Task prompt – From the entries below, return only the lines starting at the one that contains "let body = guarded-eq-ok" and ending at the one that contains "go (some id) (ok", exactly as they stand.

Information supplied –

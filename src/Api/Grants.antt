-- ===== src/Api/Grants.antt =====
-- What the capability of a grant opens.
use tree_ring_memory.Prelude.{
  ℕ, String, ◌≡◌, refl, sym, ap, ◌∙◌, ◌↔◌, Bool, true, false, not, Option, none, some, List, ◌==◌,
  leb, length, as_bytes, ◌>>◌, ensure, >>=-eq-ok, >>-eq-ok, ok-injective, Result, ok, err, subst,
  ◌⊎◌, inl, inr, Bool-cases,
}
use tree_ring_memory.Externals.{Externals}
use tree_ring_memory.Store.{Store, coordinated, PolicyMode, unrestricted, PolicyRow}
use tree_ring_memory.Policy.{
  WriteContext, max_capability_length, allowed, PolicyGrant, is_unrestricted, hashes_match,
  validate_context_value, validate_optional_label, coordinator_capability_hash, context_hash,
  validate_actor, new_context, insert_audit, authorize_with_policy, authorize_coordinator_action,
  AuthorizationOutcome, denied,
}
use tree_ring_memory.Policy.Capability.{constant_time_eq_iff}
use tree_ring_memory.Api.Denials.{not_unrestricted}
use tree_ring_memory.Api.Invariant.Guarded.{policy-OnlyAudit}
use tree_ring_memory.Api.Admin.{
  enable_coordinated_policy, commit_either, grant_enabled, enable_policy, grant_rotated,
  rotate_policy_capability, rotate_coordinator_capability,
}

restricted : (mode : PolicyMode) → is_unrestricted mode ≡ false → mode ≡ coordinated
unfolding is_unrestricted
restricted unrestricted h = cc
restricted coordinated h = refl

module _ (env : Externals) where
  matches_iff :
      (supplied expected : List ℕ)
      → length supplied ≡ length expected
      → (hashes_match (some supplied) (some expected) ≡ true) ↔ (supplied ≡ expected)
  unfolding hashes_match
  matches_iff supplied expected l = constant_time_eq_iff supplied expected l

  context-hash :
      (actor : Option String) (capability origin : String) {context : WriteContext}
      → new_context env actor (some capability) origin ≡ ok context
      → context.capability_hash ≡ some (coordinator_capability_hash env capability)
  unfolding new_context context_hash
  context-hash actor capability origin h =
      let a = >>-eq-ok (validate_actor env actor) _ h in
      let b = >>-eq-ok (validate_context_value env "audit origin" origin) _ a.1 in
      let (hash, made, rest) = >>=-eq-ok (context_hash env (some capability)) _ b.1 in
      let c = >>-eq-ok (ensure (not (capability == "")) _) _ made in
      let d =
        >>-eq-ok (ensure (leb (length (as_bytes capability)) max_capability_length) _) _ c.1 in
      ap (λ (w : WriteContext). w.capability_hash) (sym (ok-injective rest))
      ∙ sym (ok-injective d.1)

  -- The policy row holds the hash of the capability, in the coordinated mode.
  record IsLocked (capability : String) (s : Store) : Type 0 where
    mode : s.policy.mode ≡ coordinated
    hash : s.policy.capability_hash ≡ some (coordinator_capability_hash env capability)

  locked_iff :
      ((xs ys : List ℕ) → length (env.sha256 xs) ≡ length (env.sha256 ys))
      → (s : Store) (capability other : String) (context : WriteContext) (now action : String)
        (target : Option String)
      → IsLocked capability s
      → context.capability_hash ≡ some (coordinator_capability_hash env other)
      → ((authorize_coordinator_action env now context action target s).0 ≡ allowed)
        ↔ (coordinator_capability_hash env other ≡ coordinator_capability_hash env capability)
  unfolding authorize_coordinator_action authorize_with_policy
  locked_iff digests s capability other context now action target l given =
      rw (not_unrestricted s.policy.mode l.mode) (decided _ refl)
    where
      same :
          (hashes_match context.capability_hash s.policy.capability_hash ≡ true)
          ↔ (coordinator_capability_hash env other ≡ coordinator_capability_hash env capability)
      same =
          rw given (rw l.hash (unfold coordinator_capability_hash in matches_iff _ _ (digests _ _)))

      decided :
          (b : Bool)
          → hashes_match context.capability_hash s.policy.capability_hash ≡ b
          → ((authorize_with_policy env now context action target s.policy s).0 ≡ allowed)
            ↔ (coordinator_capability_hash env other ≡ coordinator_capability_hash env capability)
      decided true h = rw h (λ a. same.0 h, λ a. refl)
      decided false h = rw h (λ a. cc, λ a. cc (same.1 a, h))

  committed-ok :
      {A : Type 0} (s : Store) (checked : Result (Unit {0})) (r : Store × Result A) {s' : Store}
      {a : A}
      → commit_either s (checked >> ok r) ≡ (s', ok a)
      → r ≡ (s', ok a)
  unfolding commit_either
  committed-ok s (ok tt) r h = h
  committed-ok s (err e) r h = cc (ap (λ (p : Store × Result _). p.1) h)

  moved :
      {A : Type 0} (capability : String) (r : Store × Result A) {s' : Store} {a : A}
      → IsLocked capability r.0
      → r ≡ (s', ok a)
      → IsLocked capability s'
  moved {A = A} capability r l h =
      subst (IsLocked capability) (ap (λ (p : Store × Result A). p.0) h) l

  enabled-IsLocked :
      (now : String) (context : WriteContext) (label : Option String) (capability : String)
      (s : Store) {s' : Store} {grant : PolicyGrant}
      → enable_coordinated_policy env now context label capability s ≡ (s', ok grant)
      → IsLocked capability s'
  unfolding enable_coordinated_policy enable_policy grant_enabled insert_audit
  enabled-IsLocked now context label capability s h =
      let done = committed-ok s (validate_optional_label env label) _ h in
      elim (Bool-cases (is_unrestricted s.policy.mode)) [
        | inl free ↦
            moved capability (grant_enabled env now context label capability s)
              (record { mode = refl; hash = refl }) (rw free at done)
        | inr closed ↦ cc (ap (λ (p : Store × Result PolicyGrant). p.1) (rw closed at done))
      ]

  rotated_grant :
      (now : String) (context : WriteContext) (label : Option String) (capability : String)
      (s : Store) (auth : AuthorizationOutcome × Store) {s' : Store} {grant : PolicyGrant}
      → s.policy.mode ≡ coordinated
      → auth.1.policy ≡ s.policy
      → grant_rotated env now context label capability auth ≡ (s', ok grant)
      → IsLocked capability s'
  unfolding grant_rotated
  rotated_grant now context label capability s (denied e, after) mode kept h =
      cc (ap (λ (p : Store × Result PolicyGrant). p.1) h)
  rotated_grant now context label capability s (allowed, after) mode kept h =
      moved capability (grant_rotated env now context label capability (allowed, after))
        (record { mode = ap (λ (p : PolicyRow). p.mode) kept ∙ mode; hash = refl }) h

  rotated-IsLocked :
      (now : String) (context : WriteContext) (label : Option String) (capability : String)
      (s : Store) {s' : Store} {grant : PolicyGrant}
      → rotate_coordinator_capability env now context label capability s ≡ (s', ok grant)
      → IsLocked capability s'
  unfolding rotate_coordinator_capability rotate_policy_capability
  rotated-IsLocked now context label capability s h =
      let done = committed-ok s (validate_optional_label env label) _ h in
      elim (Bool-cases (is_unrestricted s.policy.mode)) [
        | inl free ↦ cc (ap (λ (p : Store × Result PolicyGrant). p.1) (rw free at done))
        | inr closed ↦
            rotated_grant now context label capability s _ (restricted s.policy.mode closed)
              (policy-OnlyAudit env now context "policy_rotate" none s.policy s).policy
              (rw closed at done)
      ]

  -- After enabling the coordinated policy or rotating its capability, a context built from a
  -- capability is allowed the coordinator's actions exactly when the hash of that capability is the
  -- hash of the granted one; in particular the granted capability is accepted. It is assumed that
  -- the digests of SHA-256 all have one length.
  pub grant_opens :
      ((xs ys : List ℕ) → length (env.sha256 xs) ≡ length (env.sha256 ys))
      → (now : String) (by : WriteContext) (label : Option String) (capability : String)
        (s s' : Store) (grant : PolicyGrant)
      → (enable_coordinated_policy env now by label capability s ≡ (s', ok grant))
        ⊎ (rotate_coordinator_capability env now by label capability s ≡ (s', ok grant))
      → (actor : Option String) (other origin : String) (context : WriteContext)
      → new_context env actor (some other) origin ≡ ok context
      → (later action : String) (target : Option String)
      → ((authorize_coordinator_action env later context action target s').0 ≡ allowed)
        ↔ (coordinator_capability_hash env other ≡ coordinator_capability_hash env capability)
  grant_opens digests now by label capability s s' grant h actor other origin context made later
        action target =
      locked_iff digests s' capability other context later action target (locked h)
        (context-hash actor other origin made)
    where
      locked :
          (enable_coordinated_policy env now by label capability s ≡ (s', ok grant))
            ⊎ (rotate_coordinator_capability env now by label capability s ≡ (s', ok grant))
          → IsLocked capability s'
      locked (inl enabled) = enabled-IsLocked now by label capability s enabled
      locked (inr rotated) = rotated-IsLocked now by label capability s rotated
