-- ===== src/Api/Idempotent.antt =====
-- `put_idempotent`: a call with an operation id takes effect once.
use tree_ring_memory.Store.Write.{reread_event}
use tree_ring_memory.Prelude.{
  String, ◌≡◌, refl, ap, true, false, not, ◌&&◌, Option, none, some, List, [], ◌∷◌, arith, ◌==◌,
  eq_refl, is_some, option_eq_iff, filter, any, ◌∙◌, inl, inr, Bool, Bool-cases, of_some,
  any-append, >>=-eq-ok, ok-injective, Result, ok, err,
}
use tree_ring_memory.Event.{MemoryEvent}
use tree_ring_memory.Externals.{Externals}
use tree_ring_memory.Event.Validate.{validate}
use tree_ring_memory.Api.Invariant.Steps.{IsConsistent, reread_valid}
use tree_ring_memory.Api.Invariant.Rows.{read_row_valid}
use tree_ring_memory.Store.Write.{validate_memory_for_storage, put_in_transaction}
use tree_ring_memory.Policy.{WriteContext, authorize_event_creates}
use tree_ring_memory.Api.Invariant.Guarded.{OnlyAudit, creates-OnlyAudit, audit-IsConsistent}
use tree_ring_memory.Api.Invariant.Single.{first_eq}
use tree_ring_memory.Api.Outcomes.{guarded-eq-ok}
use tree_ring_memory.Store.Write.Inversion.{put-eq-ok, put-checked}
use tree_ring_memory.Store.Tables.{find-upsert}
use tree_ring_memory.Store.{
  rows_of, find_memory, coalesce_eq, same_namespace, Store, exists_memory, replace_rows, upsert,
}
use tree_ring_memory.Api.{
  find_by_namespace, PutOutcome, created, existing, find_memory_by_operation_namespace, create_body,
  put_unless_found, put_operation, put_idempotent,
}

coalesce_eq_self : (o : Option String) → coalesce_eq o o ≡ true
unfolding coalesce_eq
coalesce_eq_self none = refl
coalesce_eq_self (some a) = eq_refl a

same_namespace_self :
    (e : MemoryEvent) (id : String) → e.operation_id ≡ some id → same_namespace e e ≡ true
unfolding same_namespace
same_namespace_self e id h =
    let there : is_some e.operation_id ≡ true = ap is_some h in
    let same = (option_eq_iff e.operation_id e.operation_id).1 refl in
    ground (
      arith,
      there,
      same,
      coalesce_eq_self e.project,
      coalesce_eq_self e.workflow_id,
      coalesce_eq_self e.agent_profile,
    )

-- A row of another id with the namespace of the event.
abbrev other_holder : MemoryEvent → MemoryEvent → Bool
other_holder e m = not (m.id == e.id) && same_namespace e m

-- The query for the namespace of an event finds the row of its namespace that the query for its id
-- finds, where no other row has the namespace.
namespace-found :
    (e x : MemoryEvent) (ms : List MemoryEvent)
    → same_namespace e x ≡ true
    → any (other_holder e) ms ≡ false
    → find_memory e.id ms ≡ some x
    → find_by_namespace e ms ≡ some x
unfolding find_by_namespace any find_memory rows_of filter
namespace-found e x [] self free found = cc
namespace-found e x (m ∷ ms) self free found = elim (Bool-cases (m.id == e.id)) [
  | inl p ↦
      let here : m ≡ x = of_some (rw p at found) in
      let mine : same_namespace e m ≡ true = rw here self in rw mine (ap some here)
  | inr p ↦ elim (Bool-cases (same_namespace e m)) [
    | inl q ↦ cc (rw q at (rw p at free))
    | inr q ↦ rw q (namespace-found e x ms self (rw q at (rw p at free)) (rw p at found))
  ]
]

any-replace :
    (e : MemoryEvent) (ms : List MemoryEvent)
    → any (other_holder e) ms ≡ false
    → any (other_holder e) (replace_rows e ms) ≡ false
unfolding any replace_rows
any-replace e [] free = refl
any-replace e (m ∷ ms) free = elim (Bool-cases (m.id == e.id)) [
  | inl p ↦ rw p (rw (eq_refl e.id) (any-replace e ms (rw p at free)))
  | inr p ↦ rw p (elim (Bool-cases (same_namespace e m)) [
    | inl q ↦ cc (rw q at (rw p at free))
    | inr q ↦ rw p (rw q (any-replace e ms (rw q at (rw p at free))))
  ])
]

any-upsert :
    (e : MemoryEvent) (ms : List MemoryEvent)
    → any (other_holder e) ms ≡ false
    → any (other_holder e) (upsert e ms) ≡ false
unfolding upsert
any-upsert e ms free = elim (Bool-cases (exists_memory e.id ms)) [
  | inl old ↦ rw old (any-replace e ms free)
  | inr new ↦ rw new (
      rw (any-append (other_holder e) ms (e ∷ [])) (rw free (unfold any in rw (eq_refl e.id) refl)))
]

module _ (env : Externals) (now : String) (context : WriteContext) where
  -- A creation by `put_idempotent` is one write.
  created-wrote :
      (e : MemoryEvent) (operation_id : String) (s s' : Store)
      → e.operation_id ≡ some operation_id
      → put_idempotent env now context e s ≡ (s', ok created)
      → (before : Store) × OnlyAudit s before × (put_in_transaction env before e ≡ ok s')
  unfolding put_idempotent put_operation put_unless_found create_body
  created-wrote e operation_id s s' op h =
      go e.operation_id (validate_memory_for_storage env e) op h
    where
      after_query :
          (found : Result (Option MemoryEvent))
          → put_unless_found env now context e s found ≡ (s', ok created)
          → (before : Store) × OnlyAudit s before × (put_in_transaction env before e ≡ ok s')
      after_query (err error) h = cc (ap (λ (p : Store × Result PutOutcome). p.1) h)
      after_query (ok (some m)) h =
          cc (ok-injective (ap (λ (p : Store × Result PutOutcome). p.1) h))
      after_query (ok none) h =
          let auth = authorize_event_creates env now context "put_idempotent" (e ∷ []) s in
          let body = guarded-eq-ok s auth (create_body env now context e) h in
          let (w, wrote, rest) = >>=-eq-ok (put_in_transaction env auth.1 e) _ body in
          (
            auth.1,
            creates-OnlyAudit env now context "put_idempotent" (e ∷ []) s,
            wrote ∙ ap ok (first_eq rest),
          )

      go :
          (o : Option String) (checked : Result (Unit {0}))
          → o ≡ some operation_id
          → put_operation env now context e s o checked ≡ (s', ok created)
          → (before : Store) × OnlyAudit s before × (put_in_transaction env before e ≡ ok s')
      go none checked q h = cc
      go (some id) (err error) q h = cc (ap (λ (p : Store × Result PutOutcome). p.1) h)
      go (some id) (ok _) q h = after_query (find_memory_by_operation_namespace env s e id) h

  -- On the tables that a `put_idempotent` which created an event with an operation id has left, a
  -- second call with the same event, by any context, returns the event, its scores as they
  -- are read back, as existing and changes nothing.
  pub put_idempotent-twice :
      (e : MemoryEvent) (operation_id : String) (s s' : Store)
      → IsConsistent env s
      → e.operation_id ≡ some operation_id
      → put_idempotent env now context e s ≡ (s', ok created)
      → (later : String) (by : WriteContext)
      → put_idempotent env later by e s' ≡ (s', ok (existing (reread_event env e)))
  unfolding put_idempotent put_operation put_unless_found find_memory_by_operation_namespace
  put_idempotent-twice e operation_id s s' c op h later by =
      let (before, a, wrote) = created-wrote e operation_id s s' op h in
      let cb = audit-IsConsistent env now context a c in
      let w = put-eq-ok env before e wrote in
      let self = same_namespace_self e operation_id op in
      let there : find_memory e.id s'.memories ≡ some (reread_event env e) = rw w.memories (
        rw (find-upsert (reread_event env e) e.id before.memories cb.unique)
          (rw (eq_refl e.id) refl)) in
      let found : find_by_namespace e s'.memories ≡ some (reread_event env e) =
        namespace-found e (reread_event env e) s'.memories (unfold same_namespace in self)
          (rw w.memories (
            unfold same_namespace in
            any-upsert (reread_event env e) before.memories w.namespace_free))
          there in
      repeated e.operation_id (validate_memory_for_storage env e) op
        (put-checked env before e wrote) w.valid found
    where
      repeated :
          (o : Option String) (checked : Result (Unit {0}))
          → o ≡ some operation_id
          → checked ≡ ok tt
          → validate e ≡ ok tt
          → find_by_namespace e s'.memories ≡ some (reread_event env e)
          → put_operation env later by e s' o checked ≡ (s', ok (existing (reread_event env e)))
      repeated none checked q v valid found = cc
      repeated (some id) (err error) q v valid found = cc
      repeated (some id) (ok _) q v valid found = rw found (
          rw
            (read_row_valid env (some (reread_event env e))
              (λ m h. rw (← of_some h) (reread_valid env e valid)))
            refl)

Written reply –
          let body = guarded-eq-ok s auth (create_body env now context e) h in
          let (w, wrote, rest) = >>=-eq-ok (put_in_transaction env auth.1 e) _ body in
          (
            auth.1,
            creates-OnlyAudit env now context "put_idempotent" (e ∷ []) s,
            wrote ∙ ap ok (first_eq rest),
          )

      go :
          (o : Option String) (checked : Result (Unit {0}))
          → o ≡ some operation_id
          → put_operation env now context e s o checked ≡ (s', ok created)
          → (before : Store) × OnlyAudit s before × (put_in_transaction env before e ≡ ok s')
      go none checked q h = cc
      go (some id) (err error) q h = cc (ap (λ (p : Store × Result PutOutcome). p.1) h)
      go (some id) (ok _) q h = after_query (find_memory_by_operation_namespace env s e id) h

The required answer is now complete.